I am Advocate Purity Kmbaabu, a licensed advocate of the High Court of Kenya. In this article, I want to do something I consider essential public service: walk you through the specific categories of documents that you — whether you are an individual, a small trader, a corporate executive, a landlord, or a business owner — should never, under any circumstances, sign without first having a qualified lawyer review them.
Many of these documents look straightforward. Some are short. Some come with reassuring words like "standard form" or "this is what everyone signs." Do not be misled. There is no such thing as a legally harmless document. Every document you sign creates rights and obligations — and the question is only whether those rights and obligations are yours, or the other party's.
A lawyer's document review typically costs a fraction of what it saves. A Sale Agreement review that costs KSh 10,000 in professional fees may prevent the loss of a KSh 5 million property. A tenancy agreement review that takes two hours may save you from a three-year landlord-tenant dispute. An employment contract review may be the difference between enforceability and unenforceable restraint-of-trade clauses that lock you out of your own industry.
The question is never whether you can afford a lawyer. It is whether you can afford not to have one.

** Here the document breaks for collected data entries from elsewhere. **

-- ===== src/Objects/Registry.antt =====
-- iotronic/objects/conductor.py and wampagent.py: the objects of the registries. save is refused by
-- both classes.

use stack4things_openstack_i.Action.{Action, Exception, pure, raise, ◌>>=◌}
use stack4things_openstack_i.Base.{List, Option, map, none, some}
use stack4things_openstack_i.Db.Agents.{
  get_conductor, get_registration_wampagent, get_wampagent, get_wampagent_list, touch_conductor,
  touch_wampagent,
}
use stack4things_openstack_i.Db.Engine.{Engine, Page}
use stack4things_openstack_i.Db.Filters.{Filters}
use stack4things_openstack_i.Db.Schema.{Column, Row, Value}
use stack4things_openstack_i.Objects.{Object, from_db_object, load}

-- a row that is None has no fields
abbrev pub found_object : Option Row → Action Object
found_object none = raise Exception.type_error
found_object (some r) = pure (from_db_object r)

module _ ⦃E : Engine⦄ where
  unfoldable pub get_conductor_object : Value → Action Object
  unfolding load get_conductor
  get_conductor_object hostname = load (get_conductor hostname)

  unfoldable touch_conductor_object : Object → Action (Unit {0})
  unfolding touch_conductor
  touch_conductor_object o = touch_conductor (o.row Column.hostname)

  unfoldable pub get_wampagent_object : Value → Action Object
  unfolding load get_wampagent
  get_wampagent_object hostname = load (get_wampagent hostname)

  unfoldable pub get_registration_agent : Action Object
  unfolding get_registration_wampagent
  get_registration_agent = do found ← get_registration_wampagent; found_object found

  unfoldable touch_wampagent_object : Object → Action (Unit {0})
  unfolding touch_wampagent
  touch_wampagent_object o = touch_wampagent (o.row Column.hostname)

  unfoldable list_wampagents : Filters → Page → Action (List Object)
  unfolding get_wampagent_list
  list_wampagents filters page = do
    rows ← get_wampagent_list filters page
    pure (map from_db_object rows)
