-- ===== src/Api/Utils/Laws.antt =====
-- The limit and the direction of a listing.
use stack4things_openstack_i.Action.{ok}
use stack4things_openstack_i.Api.Utils.{validate_limit, validate_sort_dir}
use stack4things_openstack_i.Base.{
  Bool-cases, Option, String, arith, eq_iff, inl, inr, negsuc, none, pos, some, str_eq, suc, zero,
  ℕ, ℤ, ◌<◌, ◌≡◌, ◌≤◌, ◌⊎◌,
}

pub validate_limit_bounds :
    (m n : ℕ) (l : Option ℤ) → 0 < m → validate_limit m l ≡ ok n → (0 < n) × (n ≤ m)
unfolding validate_limit
validate_limit_bounds m n none h e = ground arith
validate_limit_bounds m n (some (pos zero)) h e = ground arith
validate_limit_bounds m n (some (pos (suc k))) h e = ground arith
validate_limit_bounds m n (some (negsuc k)) h e = ground arith

pub validate_sort_dir_texts :
    (s d : String) → validate_sort_dir s ≡ ok d → (d ≡ s) × ((s ≡ "asc") ⊎ (s ≡ "desc"))
unfolding validate_sort_dir
validate_sort_dir_texts s d e = elim (Bool-cases (str_eq s "asc")) [
  | inl a ↦ (ground (arith, a, e), inl ((eq_iff s "asc").0 a))
  | inr a ↦ elim (Bool-cases (str_eq s "desc")) [
    | inl b ↦ (ground (arith, a, b, e), inr ((eq_iff s "desc").0 b))
    | inr b ↦ absurd (ground (arith, a, b, e))
  ]
]
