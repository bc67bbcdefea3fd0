-- ===== src/Api/Listing/Pages.antt =====
-- What a listing may ask of the database.
use stack4things_openstack_i.Action.{
  Action, Exception, Result, World, continue, ok, pure, raise, raised,
}
use stack4things_openstack_i.Api.Listing.{Query, find_marker, get_page}
use stack4things_openstack_i.Api.Utils.{ApiConf, validate_limit, validate_sort_dir}
use stack4things_openstack_i.Api.Utils.Laws.{validate_limit_bounds, validate_sort_dir_texts}
use stack4things_openstack_i.Base.{
  Bool, List, Option, String, any, ap, false, if◌then◌else◌, inl, inr, refl, some, str_eq, true, ℕ,
  ◌<◌, ◌∙◌, ◌≡◌, ◌≤◌, ◌⊎◌,
}
use stack4things_openstack_i.Db.Engine.{Engine, Page}
use stack4things_openstack_i.Db.Schema.{Row, Value}

continue_ok :
    {A B : Type 0} (r : Result A) (f : A → Action B) (w v : World) (b : B)
    → continue r f w ≡ (ok b, v)
    → (a : A) × (r ≡ ok a) × (f a w ≡ (ok b, v))
continue_ok (ok a) f w v b h = (a, refl, h)
continue_ok (raised e) f w v b h = cc

abbrev page_of : ℕ → Option Value → String → String → Page
page_of n m key dir = record {
  limit = some n;
  marker = m;
  sort_key = some key;
  sort_dir = some dir;
}

page_found :
    (bad : Bool) (p page : Page) (e : Exception) (w v : World)
    → (if bad then raise e else pure p) w ≡ (ok page, v)
    → (bad ≡ false) × (page ≡ p)
page_found true p page e w v h = cc
page_found false p page e w v h = (refl, cc)

module _ ⦃E : Engine⦄ (conf : ApiConf) where
  -- A page that passes the checks has a limit within the configured maximum and not zero where the
  -- maximum is not, goes up or down, and is not sorted by a refused key.
  pub get_page_bounds :
      (f : Value → Action Row) (barred : List String) (q : Query) (w v : World) (page : Page)
      → get_page conf f barred q w ≡ (ok page, v)
      → 0 < conf.max_limit
      → ((n : ℕ) × (page.limit ≡ some n) × (0 < n) × (n ≤ conf.max_limit))
        × (page.sort_key ≡ some q.sort_key)
        × (any (str_eq q.sort_key) barred ≡ false)
        × ((page.sort_dir ≡ some "asc") ⊎ (page.sort_dir ≡ some "desc"))
  unfolding get_page
  get_page_bounds f barred q w v page h pos_max =
      let (n, hn, h1) = continue_ok (validate_limit conf.max_limit q.limit) _ w v page h in
      let (d, hd, h2) = continue_ok (validate_sort_dir q.sort_dir) _ w v page h1 in
      let (m, hm, h3) =
        continue_ok (find_marker conf f q.marker w).0 _ (find_marker conf f q.marker w).1 v page
          h2 in
      let (good, e) =
        page_found (any (str_eq q.sort_key) barred) (page_of n m q.sort_key d) page
          Exception.invalid_parameter_value (find_marker conf f q.marker w).1 v h3 in
      let (same, dirs) = validate_sort_dir_texts q.sort_dir d hd in
      (
        (
          n,
          ap (λ (p : Page). p.limit) e,
          (validate_limit_bounds conf.max_limit n q.limit pos_max hn).0,
          (validate_limit_bounds conf.max_limit n q.limit pos_max hn).1,
        ),
        ap (λ (p : Page). p.sort_key) e,
        good,
        (elim dirs [
          | inl a ↦ inl (ap (λ (p : Page). p.sort_dir) e ∙ ap some (same ∙ a))
          | inr a ↦ inr (ap (λ (p : Page). p.sort_dir) e ∙ ap some (same ∙ a))
        ]),
      )
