-- ===== src/Api/Plugins.antt =====
-- iotronic/api/controllers/v1/plugin.py: PluginsController and PublicPluginsController.
use stack4things_openstack_i.Conductor.RpcApi.Messages.{Message}
use stack4things_openstack_i.Action.{Action, Exception, Result, lift, ok, pure, raised, ◌>>=◌, ◌>>◌}
use stack4things_openstack_i.Api.Boards.{want_collection}
use stack4things_openstack_i.Api.Listing.{
  Answered, Query, allow, allow_owner, fields_or, get_page, rpc_show, rpc_silent, show, show_list,
}
use stack4things_openstack_i.Api.Resources.Kinds.{plugin_kind}
use stack4things_openstack_i.Api.Utils.{ApiConf, Context, get_rpc_plugin, set_all, want, want_name}
use stack4things_openstack_i.Base.{
  Bool, List, Option, String, [], if◌then◌else◌, not, true, ◌&&◌, ◌∷◌,
}
use stack4things_openstack_i.Common.Policy.{Enforcer, get_item}
use stack4things_openstack_i.Db.Engine.{Engine}
use stack4things_openstack_i.Db.Filters.{Filters}
use stack4things_openstack_i.Db.Plugins.{get_plugin_by_uuid}
use stack4things_openstack_i.Db.Schema.{Column, Value, Values, truthy, value_of}
use stack4things_openstack_i.Objects.{field_values, new_object, set_attr}
use stack4things_openstack_i.Objects.Listing.{list_plugins}

abbrev plugin_return_fields : List String
plugin_return_fields = "name" ∷ "uuid" ∷ "owner" ∷ "public" ∷ "callable" ∷ []

abbrev plugin_sort_refused : List String
plugin_sort_refused = "extra" ∷ "location" ∷ []

-- the plugins of the user, and the public ones on demand; all of them for the administrator
unfoldable pub plugin_filters : Context → Bool → Bool → Result Filters
plugin_filters ctx with_public all_plugins =
    if all_plugins && not ctx.is_admin
    then raised Exception.client_side_error
    else if all_plugins
    then ok []
    else if with_public
    then ok (("owner", ctx.user_id) ∷ ("with_public", Value.bool true) ∷ [])
    else ok (("owner", ctx.user_id) ∷ [])

module _ ⦃E : Engine⦄ ⦃F : Enforcer⦄ (conf : ApiConf) (ctx : Context) where
  unfoldable pub get_plugins_collection :
      Query → Option (List String) → Bool → Bool → Action Answered
  unfolding get_page plugin_filters list_plugins show_list
  get_plugins_collection q fields with_public all_plugins = do
    page ← get_page conf get_plugin_by_uuid plugin_sort_refused q
    filters ← lift (plugin_filters ctx with_public all_plugins)
    plugins ← list_plugins filters page
    show_list conf plugin_kind fields page.limit q.sort_key q.sort_dir plugins

  unfoldable pub get_public_plugins : Query → Action Answered
  unfolding allow get_page list_plugins show_list
  get_public_plugins q = do
    allow "iot:plugin:get" ctx.policy_values
    page ← get_page conf get_plugin_by_uuid plugin_sort_refused q
    plugins ← list_plugins (("public", Value.bool true) ∷ []) page
    show_list conf plugin_kind (fields_or plugin_return_fields q.fields) page.limit q.sort_key
        q.sort_dir plugins

  unfoldable pub get_plugin_one : String → Option (List String) → Action Answered
  unfolding get_rpc_plugin allow_owner show truthy
  get_plugin_one plugin_ident fields = do
    rpc_plugin ← get_rpc_plugin plugin_ident
    (if truthy (rpc_plugin.row Column.public)
        then pure tt
        else allow_owner "iot:plugin:get_one" ctx (rpc_plugin.row Column.owner))
    show conf plugin_kind fields rpc_plugin

  unfoldable pub get_plugin_all : Query → Bool → Bool → Action Answered
  unfolding allow get_plugins_collection
  get_plugin_all q with_public all_plugins = do
    allow "iot:plugin:get" ctx.policy_values
    get_plugins_collection q (fields_or plugin_return_fields q.fields) with_public all_plugins

  unfoldable pub detail_plugins : String → Query → Bool → Bool → Action Answered
  unfolding allow get_plugins_collection
  detail_plugins parent q with_public all_plugins = do
    allow "iot:plugin:get" ctx.policy_values
    want_collection "plugins" parent
    get_plugins_collection q q.fields with_public all_plugins

  unfoldable pub post_plugin : Values → Action Answered
  unfolding allow want want_name new_object field_values rpc_show get_item
  post_plugin values = do
    allow "iot:plugin:create" ctx.policy_values
    want (value_of Column.name values)
    want_name (value_of Column.name values)
    typed ← lift (field_values values)
    user ← lift (get_item ctx.policy_values "user")
    rpc_show conf plugin_kind
        (Message.create_plugin (set_attr (new_object typed) Column.owner user))

  unfoldable pub delete_plugin : String → Action Answered
  unfolding allow get_rpc_plugin rpc_silent
  delete_plugin plugin_ident = do
    allow "iot:plugin:delete" ctx.policy_values
    rpc_plugin ← get_rpc_plugin plugin_ident
    rpc_silent conf (Message.destroy_plugin (rpc_plugin.row Column.uuid))

  unfoldable pub patch_plugin : String → Values → Action Answered
  unfolding allow_owner get_rpc_plugin set_all rpc_show
  patch_plugin plugin_ident values = do
    rpc_plugin ← get_rpc_plugin plugin_ident
    allow_owner "iot:plugin:update" ctx (rpc_plugin.row Column.owner)
    rpc_show conf plugin_kind (Message.update_plugin (set_all rpc_plugin values))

01Property & Real Estate Documents
Property transactions involve some of the largest sums of money most people will ever commit — and some of the most legally complex documentation in Kenyan law. The Land Registration Act, 2012, the Land Act, 2012, the Land Control Act (Cap. 302), the Stamp Duty Act (Cap. 480), and the Registration of Titles Act all converge in a single property transaction. Every document in this category carries serious legal consequence.
- Sale Agreements (Agreement for Sale of Land / Property)Governs the entire property purchase — deposit terms, completion date, conditions precedent, title warranties, and what happens if either party defaults. A poorly drafted Sale Agreement can result in total forfeiture of your deposit, an unenforceable purchase, or exposure to a specific performance suit. Must comply with the Law of Contract Act and Land Registration Act requirements.

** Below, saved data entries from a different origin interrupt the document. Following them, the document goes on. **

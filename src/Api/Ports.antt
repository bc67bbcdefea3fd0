-- ===== src/Api/Ports.antt =====
-- iotronic/api/controllers/v1/port.py: PortsController.
use stack4things_openstack_i.Conductor.RpcApi.Messages.{Message}
use stack4things_openstack_i.Action.{Action, ◌>>=◌, ◌>>◌}
use stack4things_openstack_i.Api.Listing.{
  Answered, Query, allow, fields_or, get_page, rpc_silent, show, show_list,
}
use stack4things_openstack_i.Api.Resources.Kinds.{port_kind}
use stack4things_openstack_i.Api.Utils.{ApiConf, Context, get_rpc_port}
use stack4things_openstack_i.Base.{List, Option, String, [], ◌∷◌}
use stack4things_openstack_i.Common.Policy.{Enforcer}
use stack4things_openstack_i.Db.Engine.{Engine}
use stack4things_openstack_i.Db.Schema.{Column}
use stack4things_openstack_i.Db.Services.{get_port_by_uuid}
use stack4things_openstack_i.Objects.Listing.{list_ports}

abbrev port_return_fields : List String
port_return_fields = "uuid" ∷ "board_uuid" ∷ "MAC_add" ∷ "VIF_name" ∷ "network" ∷ "ip" ∷ []

module _ ⦃E : Engine⦄ ⦃F : Enforcer⦄ (conf : ApiConf) (ctx : Context) where
  unfoldable pub get_ports_collection : Query → Option (List String) → Action Answered
  unfolding get_page list_ports show_list
  get_ports_collection q fields = do
    page ← get_page conf get_port_by_uuid ("extra" ∷ "location" ∷ []) q
    ports ← list_ports [] page
    show_list conf port_kind fields page.limit q.sort_key q.sort_dir ports

  unfoldable pub get_port_all : Query → Action Answered
  unfolding allow get_ports_collection
  get_port_all q = do
    allow "iot:port_on_board:get" ctx.policy_values
    get_ports_collection q (fields_or port_return_fields q.fields)

module _ ⦃E : Engine⦄ (conf : ApiConf) where
  unfoldable pub get_port_one : String → Option (List String) → Action Answered
  unfolding get_rpc_port show
  get_port_one port_ident fields = do
    rpc_port ← get_rpc_port port_ident
    show conf port_kind fields rpc_port

  unfoldable pub delete_port_one : String → Action Answered
  unfolding get_rpc_port rpc_silent
  delete_port_one port_ident = do
    rpc_port ← get_rpc_port port_ident
    rpc_silent conf
        (Message.remove_vif_from_board (rpc_port.row Column.board_uuid) (rpc_port.row Column.uuid))
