-- ===== src/Api/Requests.antt =====
-- iotronic/api/controllers/v1/request.py: RequestsController and ResultsRequestController.
use stack4things_openstack_i.Action.{Action, Exception, lift, raise, ◌>>=◌, ◌>>◌}
use stack4things_openstack_i.Api.Boards.{want_collection}
use stack4things_openstack_i.Api.Fleets.{admin_project}
use stack4things_openstack_i.Api.Listing.{
  Answered, Query, allow, fields_or, get_page, no_marker, show, show_list, unchecked_limit,
}
use stack4things_openstack_i.Api.Resources.Kinds.{request_kind, result_kind}
use stack4things_openstack_i.Api.Utils.{ApiConf, Context}
use stack4things_openstack_i.Base.{List, Option, String, [], none, some, ◌∷◌}
use stack4things_openstack_i.Common.Policy.{Enforcer, get_item}
use stack4things_openstack_i.Db.Engine.{Engine}
use stack4things_openstack_i.Db.Requests.{get_request_by_uuid}
use stack4things_openstack_i.Db.Schema.{Value}
use stack4things_openstack_i.Objects.{load}
use stack4things_openstack_i.Objects.Listing.{list_requests, list_results}

abbrev request_return_fields : List String
request_return_fields =
    "uuid" ∷ "destination_uuid" ∷ "main_request_uuid" ∷ "pending_requests" ∷ "status" ∷ "type"
    ∷ "action" ∷ []

abbrev result_return_fields : List String
result_return_fields = "board_uuid" ∷ "request_uuid" ∷ "result" ∷ "message" ∷ []

module _ ⦃E : Engine⦄ ⦃F : Enforcer⦄ (conf : ApiConf) (ctx : Context) where
  -- ResultsRequestController.get_all
  unfoldable pub get_request_results : String → Query → Action Answered
  unfolding allow unchecked_limit no_marker list_results show_list
  get_request_results request_ident q = do
    allow "iot:result:get" ctx.policy_values
    limit ← unchecked_limit q.limit
    results ← list_results (("request_uuid", Value.str request_ident) ∷ []) (record {
      limit = limit;
      marker = none;
      sort_key = some q.sort_key;
      sort_dir = some q.sort_dir;
    })
    no_marker q.marker
    show_list conf result_kind (fields_or result_return_fields q.fields) limit q.sort_key q.sort_dir
        results

  unfoldable pub get_requests_collection : Query → Value → Option (List String) → Action Answered
  unfolding get_page admin_project list_requests show_list
  get_requests_collection q project fields = do
    page ← get_page conf get_request_by_uuid ("extra" ∷ []) q
    requests ← list_requests (admin_project ctx project) page
    show_list conf request_kind fields page.limit q.sort_key q.sort_dir requests

  unfoldable pub get_request_one : String → Option (List String) → Action Answered
  unfolding allow load get_request_by_uuid show
  get_request_one request_ident fields = do
    allow "iot:request:get_one" ctx.policy_values
    rpc_request ← load (get_request_by_uuid (Value.str request_ident))
    show conf request_kind fields rpc_request

  unfoldable pub get_request_all : Query → Action Answered
  unfolding allow get_item get_requests_collection
  get_request_all q = do
    allow "iot:request:get" ctx.policy_values
    project ← lift (get_item ctx.policy_values "project_id")
    get_requests_collection q project (fields_or request_return_fields q.fields)

  -- The collection is asked with arguments that its method does not have: TypeError.
  unfoldable pub detail_requests : String → Query → Action Answered
  unfolding allow
  detail_requests parent q = do
    allow "iot:request:get" ctx.policy_values
    want_collection "requests" parent
    raise Exception.type_error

- Transfer of Land (Form LRA 1)The statutory instrument under the Land Registration Act that transfers legal ownership. Any error in the Transfer — names, parcel numbers, consideration, or execution — can invalidate registration. Only a licensed advocate can properly prepare and lodge this document.
- Lease Agreements (Commercial & Residential)Commercial leases under the Landlord and Tenant (Shops, Hotels and Catering Establishments) Act, 1965 carry specific statutory rights and protections. Residential leases under the Rent Restrictions Act and the Land Act have their own framework. Clauses around rent escalation, dilapidations, subletting, forfeiture, and termination can be devastating if misunderstood or absent.

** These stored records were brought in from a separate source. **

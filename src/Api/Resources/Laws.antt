-- ===== src/Api/Resources/Laws.antt =====
-- What a restricted object shows.
use stack4things_openstack_i.Action.{Result, ok, raised}
use stack4things_openstack_i.Api.Resources.{ApiObject, Attributes, Link}
use stack4things_openstack_i.Base.{List, []}

abbrev attributes_shown : Result ApiObject → Attributes
attributes_shown (ok x) = x.attributes
attributes_shown (raised e) = []

abbrev rest_shown : Result ApiObject → Attributes × (List Attributes × List Link)
rest_shown (ok x) = (x.extras, (x.locations, x.links))
rest_shown (raised e) = ([], ([], []))
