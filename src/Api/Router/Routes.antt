-- ===== src/Api/Router/Routes.antt =====
-- iotronic/api/controllers/v1: the requests of the REST API, one constructor for each handler, with
-- the texts of the path, the arguments and the body.
use stack4things_openstack_i.Api.Boards.{BoardBody}
use stack4things_openstack_i.Api.Listing.{Query}
use stack4things_openstack_i.Base.{Bool, List, Option, String}
use stack4things_openstack_i.Db.Schema.{Value, Values}

pub data Request : Type 0 where
  get_board_one : String → Option (List String) → Request
  get_board_all : Option Value → Query → Option Value → Request
  detail_boards : String → Option Value → Query → Option Value → Request
  post_board : BoardBody → Request
  delete_board : String → Request
  patch_board : String → Values → Request
  post_board_action : String → String → Value → Request
  get_board_plugins : String → Request
  post_board_plugin : String → String → String → Value → Request
  put_board_plugin : String → String → Value → Request
  delete_board_plugin : String → String → Request
  get_board_services : String → Request
  post_service_action : String → String → String → Request
  restore_board_services : String → Request
  get_services_status : String → Request
  get_board_webservices : String → Query → Request
  put_board_webservice : String → Values → Request
  enable_board_webservices : String → String → String → String → Request
  disable_board_webservices : String → Request
  renew_board_webservices : String → Request
  put_board_port : String → Value → Value → List Value → Request
  delete_board_port : String → String → Request
  get_board_ports : String → Request
  get_board_port : String → String → Request
  get_public_plugins : Query → Request
  get_plugin_one : String → Option (List String) → Request
  get_plugin_all : Query → Bool → Bool → Request
  detail_plugins : String → Query → Bool → Bool → Request
  post_plugin : Values → Request
  delete_plugin : String → Request
  patch_plugin : String → Values → Request
  get_public_services : Query → Request
  get_service_one : String → Option (List String) → Request
  get_service_all : Query → Bool → Bool → Request
  detail_services : String → Query → Bool → Bool → Request
  post_service : Values → Request
  delete_service : String → Request
  patch_service : String → Values → Request
  get_fleet_boards : String → Query → Request
  get_fleet_one : String → Option (List String) → Request
  get_fleet_all : Query → Request
  post_fleet : Values → Request
  delete_fleet : String → Request
  patch_fleet : String → Values → Request
  detail_fleets : String → Query → Request
  get_webservice_one : String → Option (List String) → Request
  get_webservice_all : Query → Request
  delete_webservice : String → Request
  detail_webservices : String → Query → Request
  get_enabled_all : Query → Request
  get_port_all : Query → Request
  get_port_one : String → Option (List String) → Request
  delete_port_one : String → Request
  get_request_results : String → Query → Request
  get_request_one : String → Option (List String) → Request
  get_request_all : Query → Request
  detail_requests : String → Query → Request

- Tenancy Agreements (Short-Term Residential)Even a one-page tenancy agreement is a legally binding contract. It determines your rights regarding security deposits, notice periods, early termination, rent increases, and liability for repairs and damage. Landlords and tenants both routinely lose disputes because their agreement was silent on these critical points.
- Offer Letters / Letters of Intent for PropertyIn Kenya, an Offer Letter signed with a deposit payment may constitute a binding contract even before a formal Sale Agreement is executed, depending on its terms. Having a lawyer review — or draft — this letter before it is signed or deposit paid is essential.
- Mortgage / Charge DocumentsA charge over your property secures a lender's interest and grants them the power of sale if you default. The terms — interest rates, redemption penalties, acceleration clauses, and events of default — must be understood before any property is charged as security.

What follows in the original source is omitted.